• _SUPPLIED ENTRIES_
☆ ☆ ☆ ☆

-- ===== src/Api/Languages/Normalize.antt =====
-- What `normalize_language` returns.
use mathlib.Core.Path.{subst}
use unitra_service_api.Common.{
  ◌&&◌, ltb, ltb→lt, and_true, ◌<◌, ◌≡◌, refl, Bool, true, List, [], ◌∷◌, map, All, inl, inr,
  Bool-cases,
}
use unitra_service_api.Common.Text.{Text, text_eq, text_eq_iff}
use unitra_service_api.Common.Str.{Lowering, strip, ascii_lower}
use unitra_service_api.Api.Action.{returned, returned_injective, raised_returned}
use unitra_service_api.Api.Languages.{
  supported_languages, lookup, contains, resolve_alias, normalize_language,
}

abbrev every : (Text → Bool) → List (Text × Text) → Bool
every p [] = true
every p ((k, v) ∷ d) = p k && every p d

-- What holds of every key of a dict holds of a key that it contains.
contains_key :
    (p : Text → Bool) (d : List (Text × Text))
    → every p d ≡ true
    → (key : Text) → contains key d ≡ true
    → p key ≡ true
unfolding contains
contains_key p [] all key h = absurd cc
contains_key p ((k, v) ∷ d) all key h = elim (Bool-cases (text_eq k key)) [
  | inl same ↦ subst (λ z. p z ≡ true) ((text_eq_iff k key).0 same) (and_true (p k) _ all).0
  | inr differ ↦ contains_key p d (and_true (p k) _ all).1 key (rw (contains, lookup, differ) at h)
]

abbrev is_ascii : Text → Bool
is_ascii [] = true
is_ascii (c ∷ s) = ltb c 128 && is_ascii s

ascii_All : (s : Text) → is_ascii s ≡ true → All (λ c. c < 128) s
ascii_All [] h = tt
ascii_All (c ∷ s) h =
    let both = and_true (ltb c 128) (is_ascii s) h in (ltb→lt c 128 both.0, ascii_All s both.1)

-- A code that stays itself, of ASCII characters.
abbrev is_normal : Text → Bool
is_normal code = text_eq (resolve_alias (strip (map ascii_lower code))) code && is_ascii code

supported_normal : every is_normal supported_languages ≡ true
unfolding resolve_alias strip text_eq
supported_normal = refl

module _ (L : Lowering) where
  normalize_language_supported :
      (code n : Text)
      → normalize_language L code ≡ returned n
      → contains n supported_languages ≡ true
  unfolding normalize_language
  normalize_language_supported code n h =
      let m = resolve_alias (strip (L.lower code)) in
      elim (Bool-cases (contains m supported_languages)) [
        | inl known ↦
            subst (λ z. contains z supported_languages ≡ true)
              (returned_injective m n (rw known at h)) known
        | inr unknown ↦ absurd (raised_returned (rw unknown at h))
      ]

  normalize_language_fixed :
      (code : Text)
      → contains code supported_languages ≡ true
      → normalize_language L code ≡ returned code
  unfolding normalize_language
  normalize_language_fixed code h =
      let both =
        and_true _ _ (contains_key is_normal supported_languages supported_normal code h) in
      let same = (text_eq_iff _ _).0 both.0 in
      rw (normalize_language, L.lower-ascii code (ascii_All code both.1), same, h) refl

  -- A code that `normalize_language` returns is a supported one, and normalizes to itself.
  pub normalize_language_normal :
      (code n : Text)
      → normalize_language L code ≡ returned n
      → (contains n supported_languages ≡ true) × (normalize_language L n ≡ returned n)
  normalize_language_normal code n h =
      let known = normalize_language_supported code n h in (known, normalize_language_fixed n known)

☆ ☆ ☆ ☆

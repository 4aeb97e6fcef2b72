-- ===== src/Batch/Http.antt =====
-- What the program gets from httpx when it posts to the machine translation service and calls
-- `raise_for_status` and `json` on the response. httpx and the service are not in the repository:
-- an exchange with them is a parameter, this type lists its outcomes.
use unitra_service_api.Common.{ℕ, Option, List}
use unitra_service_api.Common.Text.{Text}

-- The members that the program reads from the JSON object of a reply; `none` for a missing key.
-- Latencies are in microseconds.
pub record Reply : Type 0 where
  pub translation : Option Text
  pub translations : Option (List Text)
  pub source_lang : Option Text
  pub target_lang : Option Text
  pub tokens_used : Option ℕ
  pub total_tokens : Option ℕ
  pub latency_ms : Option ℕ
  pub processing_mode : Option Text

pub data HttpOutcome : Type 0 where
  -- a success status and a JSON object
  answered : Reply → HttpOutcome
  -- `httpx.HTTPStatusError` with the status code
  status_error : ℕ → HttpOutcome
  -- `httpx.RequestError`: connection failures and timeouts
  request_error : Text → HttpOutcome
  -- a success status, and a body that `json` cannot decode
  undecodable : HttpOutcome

☆ ☆ ☆ ☆

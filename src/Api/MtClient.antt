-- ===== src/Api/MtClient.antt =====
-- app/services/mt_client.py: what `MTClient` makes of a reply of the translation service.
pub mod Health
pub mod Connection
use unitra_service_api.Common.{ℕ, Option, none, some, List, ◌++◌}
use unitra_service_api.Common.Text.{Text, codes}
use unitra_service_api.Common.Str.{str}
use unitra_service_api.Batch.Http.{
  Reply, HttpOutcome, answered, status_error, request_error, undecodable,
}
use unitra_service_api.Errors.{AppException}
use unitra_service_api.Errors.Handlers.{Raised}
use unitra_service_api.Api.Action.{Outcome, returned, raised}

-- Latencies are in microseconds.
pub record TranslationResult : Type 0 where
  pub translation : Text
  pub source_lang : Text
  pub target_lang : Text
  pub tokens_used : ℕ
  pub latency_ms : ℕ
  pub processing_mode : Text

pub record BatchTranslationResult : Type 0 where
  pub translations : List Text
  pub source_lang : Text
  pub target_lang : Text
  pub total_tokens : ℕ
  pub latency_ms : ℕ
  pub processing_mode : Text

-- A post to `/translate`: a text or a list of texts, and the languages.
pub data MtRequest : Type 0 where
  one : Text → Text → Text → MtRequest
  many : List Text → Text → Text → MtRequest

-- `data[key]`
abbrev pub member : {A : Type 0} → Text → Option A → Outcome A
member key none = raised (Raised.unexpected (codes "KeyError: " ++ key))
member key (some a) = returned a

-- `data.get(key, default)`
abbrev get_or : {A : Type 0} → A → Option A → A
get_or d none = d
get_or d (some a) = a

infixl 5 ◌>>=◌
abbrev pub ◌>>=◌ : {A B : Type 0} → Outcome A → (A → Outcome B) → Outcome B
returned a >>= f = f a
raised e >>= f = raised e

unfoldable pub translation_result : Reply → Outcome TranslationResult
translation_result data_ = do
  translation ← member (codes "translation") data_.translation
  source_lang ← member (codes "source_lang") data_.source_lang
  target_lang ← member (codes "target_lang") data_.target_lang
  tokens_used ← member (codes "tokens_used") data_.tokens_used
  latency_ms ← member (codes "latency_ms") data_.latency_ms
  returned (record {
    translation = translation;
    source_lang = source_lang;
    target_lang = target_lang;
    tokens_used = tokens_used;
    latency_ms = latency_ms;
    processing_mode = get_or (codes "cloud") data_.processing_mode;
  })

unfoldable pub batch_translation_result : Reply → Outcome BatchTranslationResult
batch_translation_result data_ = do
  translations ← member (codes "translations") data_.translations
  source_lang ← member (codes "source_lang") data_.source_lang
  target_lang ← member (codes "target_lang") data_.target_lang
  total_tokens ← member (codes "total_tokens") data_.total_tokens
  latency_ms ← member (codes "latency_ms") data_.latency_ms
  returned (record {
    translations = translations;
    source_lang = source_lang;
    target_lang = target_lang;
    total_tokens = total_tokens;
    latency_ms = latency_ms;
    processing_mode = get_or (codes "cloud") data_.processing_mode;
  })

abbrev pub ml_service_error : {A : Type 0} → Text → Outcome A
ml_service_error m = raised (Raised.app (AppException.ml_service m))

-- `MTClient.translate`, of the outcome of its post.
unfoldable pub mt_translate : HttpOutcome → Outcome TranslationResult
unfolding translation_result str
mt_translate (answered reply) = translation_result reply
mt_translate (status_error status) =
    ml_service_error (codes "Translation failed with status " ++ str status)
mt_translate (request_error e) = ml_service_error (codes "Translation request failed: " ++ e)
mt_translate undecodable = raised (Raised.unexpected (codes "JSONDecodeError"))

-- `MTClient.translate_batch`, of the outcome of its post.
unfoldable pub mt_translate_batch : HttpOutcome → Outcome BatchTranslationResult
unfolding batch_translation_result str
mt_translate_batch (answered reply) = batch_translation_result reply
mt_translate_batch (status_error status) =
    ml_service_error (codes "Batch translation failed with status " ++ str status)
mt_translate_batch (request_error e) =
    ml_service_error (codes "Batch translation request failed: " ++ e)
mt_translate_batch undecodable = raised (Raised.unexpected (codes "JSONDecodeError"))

☆ ☆ ☆ ☆

• _TASK BRIEF_
In the listing above, find the line containing "-- ===== src/Api/Languages/Normalize.antt" and the line containing "let both = and_true", then repeat those two lines and everything between them exactly.

• _TASK RESPONSE_
-- ===== src/Api/Languages/Normalize.antt =====
-- What `normalize_language` returns.
use mathlib.Core.Path.{subst}
use unitra_service_api.Common.{
  ◌&&◌, ltb, ltb→lt, and_true, ◌<◌, ◌≡◌, refl, Bool, true, List, [], ◌∷◌, map, All, inl, inr,
  Bool-cases,
}
use unitra_service_api.Common.Text.{Text, text_eq, text_eq_iff}
use unitra_service_api.Common.Str.{Lowering, strip, ascii_lower}
use unitra_service_api.Api.Action.{returned, returned_injective, raised_returned}
use unitra_service_api.Api.Languages.{
  supported_languages, lookup, contains, resolve_alias, normalize_language,
}

abbrev every : (Text → Bool) → List (Text × Text) → Bool
every p [] = true
every p ((k, v) ∷ d) = p k && every p d

-- What holds of every key of a dict holds of a key that it contains.
contains_key :
    (p : Text → Bool) (d : List (Text × Text))
    → every p d ≡ true
    → (key : Text) → contains key d ≡ true
    → p key ≡ true
unfolding contains
contains_key p [] all key h = absurd cc
contains_key p ((k, v) ∷ d) all key h = elim (Bool-cases (text_eq k key)) [
  | inl same ↦ subst (λ z. p z ≡ true) ((text_eq_iff k key).0 same) (and_true (p k) _ all).0
  | inr differ ↦ contains_key p d (and_true (p k) _ all).1 key (rw (contains, lookup, differ) at h)
]

abbrev is_ascii : Text → Bool
is_ascii [] = true
is_ascii (c ∷ s) = ltb c 128 && is_ascii s

ascii_All : (s : Text) → is_ascii s ≡ true → All (λ c. c < 128) s
ascii_All [] h = tt
ascii_All (c ∷ s) h =
    let both = and_true (ltb c 128) (is_ascii s) h in (ltb→lt c 128 both.0, ascii_All s both.1)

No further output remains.